*TASK REQUIREMENTS*
What is needed is an exact printout of all the data.

[Stored data]
»»

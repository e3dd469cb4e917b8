-- ===== src/DbgMem/Table.antt =====
-- The address test of src/dbg_malloc.cpp: which addresses otelc_dbg_is_table_record takes for a
-- record of the table, in the unsigned arithmetic of the code.
use opentelemetry_c_wrapper.Prelude.{ℕ, ◌+◌, ◌*◌, ◌≤◌, ◌<◌, ◌≡◌, ◌↔◌, some, arith}
use opentelemetry_c_wrapper.DbgMem.{Mem, address, word, record_size, record_address, table_record}

-- The table is an object: it lies within the address space.
abbrev pub IsPlaced : Mem → Type 0
IsPlaced m = m.base + m.count * record_size ≤ word

-- For a table within the address space and a 64-bit address, otelc_dbg_is_table_record accepts
-- exactly the addresses at which a record starts, with the index of that record: also an address
-- below the table, whose difference wraps around, is refused.
pub table_record_iff :
    (m : Mem) (a i : ℕ)
    → IsPlaced m
    → a < word
    → (table_record m (address a) ≡ some i) ↔ ((i < m.count) × (a ≡ record_address m i))
unfolding table_record record_address
table_record_iff m a i p h = ground arith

««

*SOLUTION FOR THIS PROBLEM*
repository e3dd469cb4e917b8
-- ===== src/DbgMem/Table.antt =====
-- The address test of src/dbg_malloc.cpp: which addresses otelc_dbg_is_table_record takes for a
-- record of the table, in the unsigned arithmetic of the code.
use opentelemetry_c_wrapper.Prelude.{ℕ, ◌+◌, ◌*◌, ◌≤◌, ◌<◌, ◌≡◌, ◌↔◌, some, arith}
use opentelemetry_c_wrapper.DbgMem.{Mem, address, word, record_size, record_address, table_record}

-- The table is an object: it lies within the address space.
abbrev pub IsPlaced : Mem → Type 0
IsPlaced m = m.base + m.count * record_size ≤ word

-- For a table within the address space and a 64-bit address, otelc_dbg_is_table_record accepts
-- exactly the addresses at which a record starts, with the index of that record: also an address
-- below the table, whose difference wraps around, is refused.
pub table_record_iff :
    (m : Mem) (a i : ℕ)
    → IsPlaced m
    → a < word
    → (table_record m (address a) ≡ some i) ↔ ((i < m.count) × (a ≡ record_address m i))
unfolding table_record record_address
table_record_iff m a i p h = ground arith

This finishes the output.